There are a number of competing online advertising models on the net. By far the most dominant one is Cost-per-Thousand (CPM). CPM is the closest online advertising gets to advertising in traditional media. The client pays in advance for an advertisement which should generate return on investment. Through the campaign there will be branding for the advertiser, click-throughs, leads and hopefully acquisition of the product.

Then there are two other models that least resemble traditional advertising and that are not popular with online publishers. These are known as Cost-per-Acquisition (CPA) and Cost-per-Click (CPC). Online publishers are wary of these because they fail to recognise the important branding component.

With CPC, the advertiser only pays when a user clicks on the advertisement. The most well known is Google’s text-based CPC model where the advertisements are networked across millions of online products.

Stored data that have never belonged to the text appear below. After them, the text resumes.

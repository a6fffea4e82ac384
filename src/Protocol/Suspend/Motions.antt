-- ===== src/Protocol/Suspend/Motions.antt =====
-- The passes of the executor in the suspend loop of protocol.c, `mc_parking_motion` of motion_control.c and
-- `delay_sec` of nuts_bolts.c.
use g_carvin.Base.{
  ℕ, zero, suc, Bool, true, false, Option, none, some, List, [], ◌∷◌, ◌++◌, if◌then◌else◌,
}
use g_carvin.System.{Machine, Suspend, StepControl, log, st_prep_buffer, st_wake_up}
use g_carvin.Gcode.Real.{Vec}
use g_carvin.Protocol.Alarm.{Interrupt}
use g_carvin.Protocol.Realtime.{protocol_exec_rt_system}

-- The planner data of a parking motion, which is a system motion without the feed override.
pub record ParkingPlan (V : Type 0) : Type 0 where
  pub feed_rate : V
  pub spindle_speed : V
  pub spindle : ℕ
  pub coolant : Bool

-- The calls that reach the spindle, the coolant and the planner.
pub data Event (V : Type 0) : Type 0 where
  spindle_set_state : ℕ → V → Event V
  coolant_set_state_event : Bool → Event V
  mc_parking_motion_event : Vec V → ParkingPlan V → Event V

-- What happens until the next pass of the realtime executor: the interrupts, the position that the
-- steps have then, the door pin, and the interrupts in the wait of an alarm.
pub record Pass (V : Type 0) : Type 0 where
  pub before : Machine → Machine
  pub position : Vec V
  pub door_pin : Bool
  pub arrivals : List Interrupt

-- The machine, the variables of the loop, the pins, and the passes still to come in this round.
pub record Suspension (V : Type 0) : Type 0 where
  pub machine : Machine
  pub events : List (Event V)
  pub parking_target : Vec V
  pub restore_target : Vec V
  pub retract_waypoint : V
  pub plan : ParkingPlan V
  pub position : Vec V
  pub door_pin : Bool
  pub passes : List (Pass V)

-- Still running, returned to the main loop, or in the middle of a wait when the passes end.
pub data Progress (V : Type 0) : Type 0 where
  going : Suspension V → Progress V
  left : Suspension V → Progress V
  waiting : Suspension V → Progress V

infixl 5 ◌>>=◌
abbrev pub ◌>>=◌ : {V : Type 0} → Progress V → (Suspension V → Progress V) → Progress V
going s >>= next = next s
left s >>= next = left s
waiting s >>= next = waiting s

-- The constants of config.h, the settings, the restored accessories, the lengths of the delays in
-- steps, what `plan_buffer_line` answers, and whether the wait of `sleep_execute` ends by its timer.
pub record Parking (V : Type 0) : Type 0 where
  pub nought : V
  pub target : V
  pub rate : V
  pub pullout_rate : V
  pub pullout_increment : V
  pub add : V → V → V
  pub less : V → V → Bool
  pub less_or_equal : V → V → Bool
  pub homing_enable : Bool
  pub laser_mode : Bool
  pub restore_spindle : ℕ
  pub restore_coolant : Bool
  pub restore_spindle_speed : V
  pub spindle_delay : ℕ
  pub coolant_delay : ℕ
  pub planned : Vec V → ParkingPlan V → Bool
  pub prep_control : Machine → StepControl
  pub times_out : Machine → Bool

module _ {V : Type 0} (parking : Parking V) where
  abbrev pub emit : Event V → Suspension V → Suspension V
  emit e s = record s { events = s.events ++ e ∷ [] }

  -- A call that returns at once while an abort is pending.
  abbrev pub call : Event V → Suspension V → Suspension V
  call e s = record s { events = if s.machine.abort then s.events else s.events ++ e ∷ [] }

  abbrev pub with_machine : (Machine → Machine) → Suspension V → Suspension V
  with_machine change s = record s { machine = change s.machine }

  abbrev pub with_suspend : (Suspend → Suspend) → Suspension V → Suspension V
  with_suspend change = with_machine (λ m. record m { suspend = change m.suspend })

  abbrev pub no_accessories : ParkingPlan V → ParkingPlan V
  no_accessories p = record p { spindle_speed = parking.nought; spindle = 0; coolant = false }

  -- PL_COND_ACCESSORY_MASK of the restored condition
  abbrev pub with_accessories : ParkingPlan V → ParkingPlan V
  with_accessories p = record p {
    spindle_speed = parking.restore_spindle_speed;
    spindle = parking.restore_spindle;
    coolant = parking.restore_coolant;
  }

  abbrev pub after_pass : Suspension V → Option Machine → Progress V
  after_pass s none = waiting s
  after_pass s (some m) = going (record s { machine = m })

  -- The interrupts that have arrived, and a pass of the executor.
  unfoldable pub run_pass : Pass V → Suspension V → Progress V
  run_pass p s =
      let m = p.before s.machine in
      after_pass (record s { machine = m; position = p.position; door_pin = p.door_pin })
        (protocol_exec_rt_system parking.prep_control p.arrivals m)

  abbrev pub take_pass : Suspension V → List (Pass V) → Progress V
  take_pass s [] = waiting s
  take_pass s (p ∷ ps) = run_pass p (record s { passes = ps })

  unfoldable pub next_pass : Suspension V → Progress V
  next_pass s = take_pass s s.passes

  -- `do { } while (sys.step_control & STEP_CONTROL_EXECUTE_SYS_MOTION)`
  unfoldable pub motion_passes : List (Pass V) → Suspension V → Progress V
  motion_passes [] s = waiting s
  motion_passes (p ∷ ps) s = run_pass p (record s { passes = ps }) >>= λ a.
      let rest = motion_passes ps a in
      if a.machine.abort
      then going a
      else if a.machine.step_control.execute_sys_motion
      then rest
      else going a

  abbrev pub with_step_control : (StepControl → StepControl) → Suspension V → Suspension V
  with_step_control change = with_machine (λ m. record m { step_control = change m.step_control })

  abbrev pub start_motion : Machine → Machine
  start_motion m =
      let set = record m {
        step_control = record (m.step_control) { execute_sys_motion = true; end_motion = false };
      } in
      log st_wake_up (log st_prep_buffer (record set { step_control = parking.prep_control set }))

  unfoldable pub mc_parking_motion : Vec V → Suspension V → Progress V
  mc_parking_motion target s =
      let asked = emit (mc_parking_motion_event target s.plan) s in
      if s.machine.abort
      then going s
      else if parking.planned target s.plan
      then motion_passes s.passes (with_machine start_motion asked)
      else next_pass (with_step_control (λ c. record c { execute_sys_motion = false }) asked)

  -- `delay_sec` in DELAY_MODE_SYS_SUSPEND.
  unfoldable pub delay_sec : ℕ → Suspension V → Progress V
  delay_sec zero s = going s
  delay_sec (suc i) s =
      if s.machine.abort
      then going s
      else (next_pass s >>= λ a.
          let rest = delay_sec i a in if a.machine.suspend.restart_retract then going a else rest)
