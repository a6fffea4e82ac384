-- ===== src/Protocol/Suspend/Doors.antt =====
-- The parking manager of the suspend loop of protocol.c: retraction, sleep, and restore.
use g_carvin.Base.{Bool, true, false, not, ◌&&◌, List, [], ◌∷◌, if◌then◌else◌}
use g_carvin.System.{
  spindle_stop_disabled, log, st_go_idle, set_button_led, report_feedback_message, sleep_mode,
}
use g_carvin.System.Flags.{no_exec, system_set_exec_state_flag}
use g_carvin.Protocol.Hold.{is_safety_door, is_sleep}
use g_carvin.Protocol.Override.{coolant_set_state}
use g_carvin.Protocol.Suspend.Motions.{
  spindle_set_state, coolant_set_state_event, Pass, Suspension, Progress, going, left, waiting,
  ◌>>=◌, Parking, call, with_machine, with_suspend, no_accessories, with_accessories, run_pass,
  with_step_control, mc_parking_motion, delay_sec,
}

module _ {V : Type 0} (parking : Parking V) where
  abbrev pub set_coolant : Bool → Suspension V → Suspension V
  set_coolant flood s =
      with_machine parking (coolant_set_state flood)
        (call parking (coolant_set_state_event flood) s)

  -- De-energize
  abbrev pub de_energize : Suspension V → Suspension V
  de_energize s = set_coolant false (call parking (spindle_set_state 0 parking.nought) s)

  abbrev pub minimum : V → V → V
  minimum a b = if parking.less a b then a else b

  -- The restore location and the retract waypoint, unless a restore was broken off.
  unfoldable pub start_retract : Suspension V → Suspension V
  start_retract s =
      let fresh = not s.machine.suspend.restart_retract in
      record s {
        machine = record (s.machine) { spindle_stop_ovr = spindle_stop_disabled };
        parking_target = s.position;
        restore_target = if fresh then s.position else s.restore_target;
        retract_waypoint =
            if fresh
            then minimum (parking.add s.retract_waypoint s.position.z) parking.target
            else s.retract_waypoint;
      }

  abbrev pub aim : V → V → Suspension V → Suspension V
  aim z rate s = record s {
    parking_target = record (s.parking_target) { z = z };
    plan = record (s.plan) { feed_rate = rate };
  }

  -- The slow pull-out, with the accessories as they are.
  unfoldable pub pull_out : Suspension V → Progress V
  pull_out s =
      let up = aim s.retract_waypoint parking.pullout_rate s in
      if parking.less s.parking_target.z s.retract_waypoint
      then mc_parking_motion parking up.parking_target
          (record up { plan = with_accessories parking up.plan })
      else going s

  -- The fast motion to the parking target.
  unfoldable pub fast_retract : Suspension V → Progress V
  fast_retract s =
      let up = aim parking.target parking.rate s in
      if parking.less s.parking_target.z parking.target
      then mc_parking_motion parking up.parking_target up
      else going s

  abbrev pub retracted : Suspension V → Suspension V
  retracted =
      with_suspend parking (λ c. record c { restart_retract = false; retract_complete = true })

  -- The slow pull-out, the stop, and the fast motion to the parking target, where parking is possible.
  unfoldable pub stop_and_park : Suspension V → Progress V
  stop_and_park s =
      if parking.homing_enable
        && (parking.less s.parking_target.z parking.target && not parking.laser_mode)
      then (pull_out s >>= λ a.
          fast_retract (de_energize (record a { plan = no_accessories parking a.plan })))
      else going (de_energize s)

  -- Retraction motions and de-energizing.
  unfoldable pub retract : Suspension V → Progress V
  retract s = stop_and_park (start_retract s) >>= λ a. going (retracted a)

  -- `while (!(sys.abort)) protocol_exec_rt_system();`
  unfoldable pub sleep_passes : List (Pass V) → Suspension V → Progress V
  sleep_passes [] s = if s.machine.abort then left s else waiting s
  sleep_passes (p ∷ ps) s =
      if s.machine.abort
      then left s
      else (run_pass parking p (record s { passes = ps }) >>= λ a. sleep_passes ps a)

  unfoldable pub fall_asleep : Suspension V → Progress V
  fall_asleep s =
      let told = with_machine parking (log (report_feedback_message sleep_mode)) s in
      sleep_passes s.passes (with_machine parking (log st_go_idle) (de_energize told))

  -- The door is closed again.
  unfoldable pub check_door : Suspension V → Suspension V
  check_door s =
      let lit =
        if s.machine.suspend.door_ajar then with_machine parking (log set_button_led) s else s in
      if is_safety_door s.machine.state && not s.door_pin
      then with_suspend parking (λ c. record c { door_ajar = false }) lit
      else s

  abbrev pub parks : Bool
  parks = parking.homing_enable && not parking.laser_mode

  abbrev pub restarting : Suspension V → Bool
  restarting s = s.machine.suspend.restart_retract

  unfoldable pub back_to_waypoint : Suspension V → Progress V
  back_to_waypoint s =
      let down = aim s.retract_waypoint parking.rate s in
      if parks && parking.less_or_equal s.parking_target.z parking.target
      then mc_parking_motion parking down.parking_target down
      else going s

  abbrev pub update_pwm : Bool → Suspension V → Suspension V
  update_pwm b = with_step_control parking (λ c. record c { update_spindle_pwm = b })

  abbrev pub spindle_on : Suspension V → Suspension V
  spindle_on =
      call parking (spindle_set_state parking.restore_spindle parking.restore_spindle_speed)

  -- The spindle as it was, with the delay to power up; the laser when the cycle starts.
  unfoldable pub start_spindle : Suspension V → Progress V
  start_spindle s =
      if parking.laser_mode
      then going (update_pwm true s)
      else delay_sec parking parking.spindle_delay (spindle_on s)

  unfoldable pub restart_spindle : Suspension V → Progress V
  restart_spindle s =
      if s.machine.modal_spindle && not (restarting s) then start_spindle s else going s

  unfoldable pub restart_coolant : Suspension V → Progress V
  restart_coolant s =
      if s.machine.modal_coolant && not (restarting s)
      then delay_sec parking parking.coolant_delay (set_coolant parking.restore_coolant s)
      else going s

  -- The slow plunge to the position before the retraction.
  unfoldable pub plunge : Suspension V → Progress V
  plunge s =
      let slow = record s {
        plan = with_accessories parking (record (s.plan) { feed_rate = parking.pullout_rate });
      } in
      if parks && not (restarting s)
      then mc_parking_motion parking s.restore_target slow
      else going s

  abbrev pub cycle_start : Suspension V → Suspension V
  cycle_start =
      with_machine parking (system_set_exec_state_flag (record no_exec { cycle_start = true }))

  unfoldable pub restored : Suspension V → Suspension V
  restored s =
      if restarting s
      then s
      else cycle_start (with_suspend parking (λ c. record c { restore_complete = true }) s)

  -- Parking restore and safety door resume.
  unfoldable pub restore : Suspension V → Progress V
  restore s =
      if s.machine.suspend.initiate_restore
      then (back_to_waypoint s >>= restart_spindle >>= restart_coolant >>= plunge >>= λ a.
          going (restored a))
      else going s

  unfoldable pub resume_or_sleep : Suspension V → Progress V
  resume_or_sleep s = if is_sleep s.machine.state then fall_asleep s else restore (check_door s)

Critics of this model say it is unreliable, because a person clicking on the advertisement may be doing so arbitrarily or trying to ramp up a website’s revenue. This is otherwise known as “click fraud”. Supporters of CPC counter that although fraud is unavoidable, instances of honest usage far outweigh instances of fraud.

Most large online publishers generally avoid the CPC and CPA models because they claim it puts them on the back foot and results in an unfair relationship with the advertiser. Despite resistance to this form of advertising publishers have made an exception with Google simply because it works well and as the adverts are text-based they don’t offer free branding.

The most controversial advertising model is CPA where an advertiser places advertising on a website and pays against leads or the purchase of a product or service. This means that branding and even click-throughs are not paid for.

If this advertising model was as popular in the print or broadcast world television and magazine companies would face bankruptcy.

On the face of it CPA advertising may appear to make sense. Because the net is so measurable, we are able to track who clicked on what advert and bought which product with chilling accuracy. The internet brings this added benefit of measurability to the party. It makes publishers more accountable to advertisers, and gives an advertiser more control over their campaigns.

With CPA marketers are able to measure click-throughs and purchases against their spend. However this should not be the only measurement of success. Publishers argue the CPA model fails to recognise the importance of branding. A user may not click on an advert or buy the product then and there – but the user is exposed to the brand which may lead to a purchase via another channel at a later stage.

This is the way the advertising model has worked for years and years, so why re-invent the wheel?

Matthew Buckland is publisher of Mail & Guardian Online. E-mail him at [email protected]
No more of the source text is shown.